Juneteenth, a history

On September 22, 1862, in the midst of the Civil War, President Abraham Lincoln issued the Emancipation Proclamation, giving the Confederate states in rebellion a last chance to return to the Union, using the freeing of enslaved people behind Confederate lines as a consequence for continuing their succession. January 1, 1863, with Confederate states still in succession, President Lincoln signed the Proclamation, and executive order, freeing enslaved people in Confederate states in rebellion. The Proclamation did not free enslaved people in the slave states not in rebellion, Delaware, Kentucky, Maryland, and Missouri (as well as what would become West Virginia), also known as the Border States; nor in non-battleground states, like Texas.

In Union-held areas in the Confederate states, enslaved people were freed the day the Proclamation went into effect. The Proclamation also ended the Fugitive Slave Act of 1850 passed by Congress September 18th as part of the Compromise of 1850, ordering escaped enslaved people to be returned to slaveholders; now enslaved people able to escape from bondage in Confederates states were free; as long as they made it to Union territory. The Fugitive Slave Act of 1850 had strengthened the Fugitive Slave Act of 1793, a Federal law written to enforce Article 4, Section 2, Clause 3 (the Fugitive Slave Clause) of the United States Constitution, requiring return of runaway enslaved people to slaveholders. The new Fugitive Slave Act penalized officials who did not arrest and return alleged runaway enslaved people. A black person could be arrested and turned over to a slaveholder based on as little as the claimant’s sworn testimony of ownership. In 1855 the Wisconsin Supreme Court declared the Act unconstitutional, the only high state court to do so. In 1859 the U.S. Supreme Court overruled the State court- the Fugitive Slave Clause, after all, was written into the Constitution of this country.

Lincoln’s government took a strategic march towards Emancipation. In December 1861, just over a year before he signed the Proclamation, in his first “State of the Union Address” (then referred to as an annual message, given in writing) Lincoln wrote of human rights over property rights, and supported legislation to find a solution for the contraband enslaved persons escaped from the South, hiding in the North, offering, perhaps that their freedom could be purchased from their former slaveholders with federal taxes. The monetary implications of slavery were not lost on Congressman Thaddeus Stevens, who, in calling for war against the Confederate states, noted that Emancipation would ruin the economy of the Southern states, weakening their ability to succeed.

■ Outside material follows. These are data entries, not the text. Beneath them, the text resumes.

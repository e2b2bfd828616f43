-- ===== src/Server/Life.antt =====
-- A connection of src/server.rs from its startup to its end: the handlers of the simple and of the
-- extended protocol in any order, and then `cleanup` of src/extended.rs.
use pywire.Base.{◌≡◌, false, Option, none, List, String}
use pywire.HashMap.{lookup}
use pywire.Query.Response.{Py}
use pywire.Query.Response.Convert.{Response}
use pywire.Extended.State.{TransactionStatus, Client, PortalStore, IsStore, World, MakesPortals}
use pywire.Extended.Action.{Action}
use pywire.Extended.Invariant.{live_portal, live_statement, Inv, weaken_post}
use pywire.Extended.Requests.{Request, handle}
use pywire.Extended.Session.{Fresh, Fresh-Inv, handle_post, Post-Inv, set_status-Inv}
use pywire.Extended.Cleanup.{ClosesSucceed, cleanup, cleanup-closes_all}
use pywire.Server.SimpleQuery.{on_query, Tidy, KeepsWhatQueriesKeep, on_query-Tidy}

module _ {Store : Type 0} (store : PortalStore Store) (w : World) (handler : Option Py) (inner : Py)
    (on_query_default : (String → Action Store (List Response)) → String → Action Store Unit) where
  -- The states of a connection that serves both protocols.
  pub data Served : Client Store → Type 0 where
    started : (c : Client Store) → Fresh store w handler c → Served c
    handled : (c : Client Store) (r : Request) → Served c → Served (handle store w handler r c).1
    queried :
        (c : Client Store) (q : String)
        → Served c
        → Served (on_query store w handler inner on_query_default q c).1
    status_set :
        (c : Client Store) (s : TransactionStatus) → Served c → Served (record c { status = s })

  module _ (laws : IsStore store) (makes : MakesPortals w)
      (keeps : KeepsWhatQueriesKeep store w handler inner on_query_default laws) where
    -- Both protocols keep the tables of the connection in order.
    Served-Inv : (c : Client Store) → Served c → Inv store w handler c
    Served-Inv _ (started c f) = Fresh-Inv store laws w makes handler c f
    Served-Inv _ (handled c r p) =
        Post-Inv store laws w makes handler (handle store w handler r c)
          (handle_post store laws w makes handler r c (Served-Inv c p))
    Served-Inv _ (queried c q p) =
        Post-Inv store laws w makes handler (on_query store w handler inner on_query_default q c) (
          weaken_post (Inv store w handler)
            (λ _ d. Tidy store w handler inner on_query_default laws d)
            (λ _ d. Inv store w handler d) (on_query store w handler inner on_query_default q c)
            (on_query-Tidy store w handler inner on_query_default laws q c keeps (Served-Inv c p))
            (λ _ d p. p.0))
    Served-Inv _ (status_set c s p) = set_status-Inv store laws w makes handler c s (Served-Inv c p)

    -- Whatever requests of the two protocols a connection has served since startup, in whatever
    -- order and with whatever answers of Python: when Python closes what it is asked to close and
    -- pgwire's `_on_query` changes the connection through `do_query` only, `cleanup` at the end
    -- leaves no portal and no statement open in Python, and empties the tables.
    pub Served-closes_all :
        (c : Client Store) (n : String)
        → ClosesSucceed w
        → Served c
        → (live_portal n (cleanup w c.resources c.calls).1 ≡ false)
          × (live_statement n (cleanup w c.resources c.calls).1 ≡ false)
          × (lookup n (cleanup w c.resources c.calls).0.portals ≡ none)
          × (lookup n (cleanup w c.resources c.calls).0.statements ≡ none)
    Served-closes_all c n closes p = cleanup-closes_all store w handler c n closes (Served-Inv c p)
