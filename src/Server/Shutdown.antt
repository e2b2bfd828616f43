-- ===== src/Server/Shutdown.antt =====
-- The task of one connection that `serve` of src/server.rs spawns, with the lock `closing` of
-- src/extended.rs: `select!` between `process_socket` and the stop signal, and then `cleanup`. The
-- callbacks that the task awaits come and go one at a time.
pub mod System
pub mod Owed
pub mod Tracked
pub mod Keeps
pub mod Closed
pub mod Failed
pub mod Drain
pub mod Calls
use pywire.Base.{
  ◌≡◌, Bool, true, false, ◌&&◌, not, Option, none, some, List, [], ◌∷◌, ◌++◌, ℕ, String,
  if◌then◌else◌, Result, ok, err,
}
use pywire.HashMap.{HashMap, lookup, insert, remove}
use pywire.Error.Classes.{PyErr}
use pywire.Query.Response.{Py}
use pywire.Query.Row.{Cell}
use pywire.Extended.State.{BoundPortal, PortalEntry, PythonPortals, Call, Event}
use pywire.Extended.Close.{bound_of}

-- The callbacks that open and close nothing but the session.
pub data Question : Type 0 where
  describe_statement describe_portal : Py → Py → Question
  do_query : Py → Py → ℕ → Question
  do_query_text : Py → String → Question
  open_session : Py → Question

abbrev pub question_call : Question → Call
question_call (describe_statement i s) = Call.describe_statement i s
question_call (describe_portal i p) = Call.describe_portal i p
question_call (do_query i p n) = Call.do_query i p n
question_call (do_query_text i q) = Call.do_query_text i q
question_call (open_session f) = Call.open_session f

-- Where `process_socket` is: `outside` of every callback, in one, or at its end.
pub data Pc : Type 0 where
  outside finished : Pc
  asking : Question → Pc
  parsing : (i : Py) (name query : String) (type_oids : List ℕ) → Pc
  binding :
      (i : Py) (name statement_name : String) (statement : Py) (parameters : List Cell)
      (parameter_formats result_formats : List ℕ)
      → Pc
  closing_portal closing_statement : (i : Py) (name : String) → Pc

-- The callback that is awaited.
abbrev pub call_of : Pc → Option Call
call_of outside = none
call_of finished = none
call_of (asking q) = some (question_call q)
call_of (parsing i name query oids) = some (Call.parse_statement i name query oids)
call_of (binding i name _ statement parameters pf rf) =
    some (Call.bind_portal i name statement parameters pf rf)
call_of (closing_portal i name) = some (Call.close_portal i name)
call_of (closing_statement i name) = some (Call.close_statement i name)

-- What is done with the tables when the callback has ended: an error leaves them as they are.
abbrev pub settle : Pc → Result PyErr Py → PythonPortals → PythonPortals
settle p (err e) t = t
settle (parsing i name _ _) (ok v) t = record t { statements = insert name i t.statements }
settle (binding i name statement_name _ _ _ _) (ok v) t = record t {
  portals =
      insert name
        (record {
          statement_name = statement_name;
          bound = some (record { instance_ref = i; portal = v });
        })
        t.portals;
}
settle (closing_portal _ name) (ok v) t = record t { portals = remove name t.portals }
settle (closing_statement _ name) (ok v) t = record t { statements = remove name t.statements }
settle (asking (open_session _)) (ok v) t = record t { session = some v }
settle _ (ok v) t = t

-- In `select!`; in `cleanup`, awaiting the first of the calls; or at the end.
pub data Phase : Type 0 where
  serving : Pc → Phase
  cleaning : List Call → Phase
  over : Phase

-- `closing` says that the lock is held. `ended` are the callbacks that the extension saw end,
-- `abandoned` those that it awaited when `process_socket` was dropped, the newest first.
pub record Task : Type 0 where
  pub tables : PythonPortals
  pub closing : Bool
  pub phase : Phase
  pub ended : List Event
  pub abandoned : List Call

-- `PythonPortals::new`.
abbrev pub no_tables : PythonPortals
no_tables = record { portals = []; statements = []; session = none }

abbrev pub spawned : Task
spawned = record {
  tables = no_tables;
  closing = false;
  phase = serving outside;
  ended = [];
  abandoned = [];
}

-- The calls of `cleanup_entries`, in order; `has_close` says which session objects have a `close`.
unfoldable pub portal_calls : HashMap PortalEntry → List Call
portal_calls [] = []
portal_calls ((name, entry) ∷ m) =
    let rest = portal_calls m in
    elim entry.bound [ none ↦ rest | some b ↦ Call.close_portal b.instance_ref name ∷ rest ]

unfoldable pub statement_calls : HashMap Py → List Call
statement_calls [] = []
statement_calls ((name, i) ∷ m) = Call.close_statement i name ∷ statement_calls m

unfoldable pub session_calls : (Py → Bool) → Option Py → List Call
session_calls has_close none = []
session_calls has_close (some i) = if has_close i then Call.close_session i ∷ [] else []

unfoldable pub cleanup_calls : (Py → Bool) → PythonPortals → List Call
unfolding portal_calls statement_calls session_calls
cleanup_calls has_close t =
    portal_calls t.portals ++ (statement_calls t.statements ++ session_calls has_close t.session)

-- `cleanup`, behind the `select!`: the tables are taken. With the `process_socket` at `p` dropped.
unfoldable pub clean_up : (Py → Bool) → Task → Option Call → Task
unfolding cleanup_calls
clean_up has_close t dropped = record t {
  tables = no_tables;
  closing = false;
  phase = cleaning (cleanup_calls has_close t.tables);
  abandoned = elim dropped [ none ↦ t.abandoned | some c ↦ c ∷ t.abandoned ];
}

abbrev pub instance_of : Option BoundPortal → Option Py
instance_of none = none
instance_of (some b) = some b.instance_ref

-- The guard of `closing` is dropped with the function that took it.
abbrev pub releases : Pc → Bool
releases (closing_portal _ _) = true
releases (closing_statement _ _) = true
releases _ = false

-- One step of a task. `stop` is the value that the stop signal has.
pub data Move (has_close : Py → Bool) (stop : Bool) (t : Task) : Task → Type 0 where
  -- Callbacks that are made without the lock.
  ask :
      (q : Question)
      → t.phase ≡ serving outside
      → Move has_close stop t (record t { phase = serving (asking q) })
  parse :
      (i : Py) (name query : String) (type_oids : List ℕ)
      → t.phase ≡ serving outside
      → Move has_close stop t (record t { phase = serving (parsing i name query type_oids) })
  bind :
      (i : Py) (name statement_name : String) (statement : Py) (parameters : List Cell)
      (pf rf : List ℕ)
      → t.phase ≡ serving outside
      → Move has_close stop t
          (record t { phase = serving (binding i name statement_name statement parameters pf rf) })
  -- `close_portal` takes the lock and calls the object of the entry, if there is one to call.
  close_portal :
      (i : Py) (name : String)
      → t.phase ≡ serving outside
      → t.closing ≡ false
      → instance_of (bound_of (lookup name t.tables.portals)) ≡ some i
      → Move has_close stop t (record t { phase = serving (closing_portal i name); closing = true })
  forget_portal :
      (name : String)
      → t.phase ≡ serving outside
      → t.closing ≡ false
      → instance_of (bound_of (lookup name t.tables.portals)) ≡ none
      → Move has_close stop t
          (record t { tables = record t.tables { portals = remove name t.tables.portals } })
  -- `close_statement` takes the lock and calls the object for a statement with a query.
  close_statement :
      (i : Py) (name : String)
      → t.phase ≡ serving outside
      → t.closing ≡ false
      → Move has_close stop t
          (record t { phase = serving (closing_statement i name); closing = true })
  -- The awaited callback ends.
  answered :
      (p : Pc) (c : Call) (r : Result PyErr Py)
      → t.phase ≡ serving p
      → call_of p ≡ some c
      → Move has_close stop t (record t {
        tables = settle p r t.tables;
        closing = if releases p then false else t.closing;
        phase = serving outside;
        ended = record { call = c; outcome = r } ∷ t.ended;
      })
  -- `process_socket` returns, and with it `select!`.
  finish : t.phase ≡ serving outside → Move has_close stop t (record t { phase = serving finished })
  disconnected : t.phase ≡ serving finished → Move has_close stop t (clean_up has_close t none)
  -- The stop signal has come and the lock is free: `select!` drops `process_socket`.
  halt :
      (p : Pc)
      → t.phase ≡ serving p
      → stop ≡ true
      → t.closing ≡ false
      → Move has_close stop t (clean_up has_close t (call_of p))
  -- A callback of `cleanup_entries` ends; its result is ignored.
  cleaned :
      (c : Call) (cs : List Call) (r : Result PyErr Py)
      → t.phase ≡ cleaning (c ∷ cs)
      → Move has_close stop t
          (record t { phase = cleaning cs; ended = record { call = c; outcome = r } ∷ t.ended })
  end : t.phase ≡ cleaning [] → Move has_close stop t (record t { phase = over })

While we can cynically view Emancipation as a shrewd war strategy; given the inherent racism written into the Constitution, with the Three-Fifths Compromise (Article 1, Section 2), the Fugitive Slave Act, and the purposeful misinterpretation of the Fifth Amendment- claiming enslaved people as property, and not persons with rights to life, liberty, and property, Emancipation could never have passed in peacetime. It was only in wartime, as Commander in Chief, under Article 2, Section 2: Presidential Power, that Lincoln could claim martial power to free enslaved persons, as an act of war. In less than two years after his election, Lincoln signed the Emancipation Proclamation into law. It would take years for enslaved people to be freed.

The Emancipation Proclamation did not end the Civil War, it did not free all enslaved people. Even the end of the Civil War did not mean immediate freedom for enslaved black people. Almost two and a half years after Lincoln signed the Emancipation Proclamation, General Robert E. Lee’s retreat then limping surrender at Appomattox Court House April 9th, 1865 forebode the reluctant slow surrender of Confederate troops across the country. Enslaved black people remained enslaved after the end of the war until Union troops marched in to take control of Confederate-held territory. Slavery was still in practice even in some Border States after the end of the war. Delaware and Kentucky did not abolish slavery until the ratification of the Thirteenth Amendment, December 1865. Of the other Border States, Maryland lead the way, abolishing slavery November 1, 1864. Missouri and West Virginia abolished slavery in 1865.

So freedom rolled across the United States, making its slow procession with Union troops to Texas. As Texas was not a battleground state, the Emancipation Proclamation applied only to black people who escaped from Texas to a free state, or Union-held Confederate territory. Texas remained a slave state through the war, and an attractive haven for slaveholders. In 1850, 5 years after Texas was annexed, 58,000 enslaved people lived in Texas. In 1860, before the war, the number had risen to almost 183,000. By the time Union General Gordon Granger took Galveston Island, June 18th, 1865, the population of enslaved black people in Texas had swelled to 250,000.

June 19th, 1865, General Granger addressed the citizens of Texas at Galveston, and read aloud General Order No. 3, the emancipation of all people held as slaves, freeing the enslaved people in the farthest outpost of the South, and once again unifying the United States. Texas was the first state to officially established Juneteenth, June 19th, as a state holiday in 1980. In 2015, Maryland became the 43rd state to recognize June 19th as a commemorative day. Today 45 of 50 states recognize Juneteenth. Juneteenth is yet to be recognized as a United States national holiday.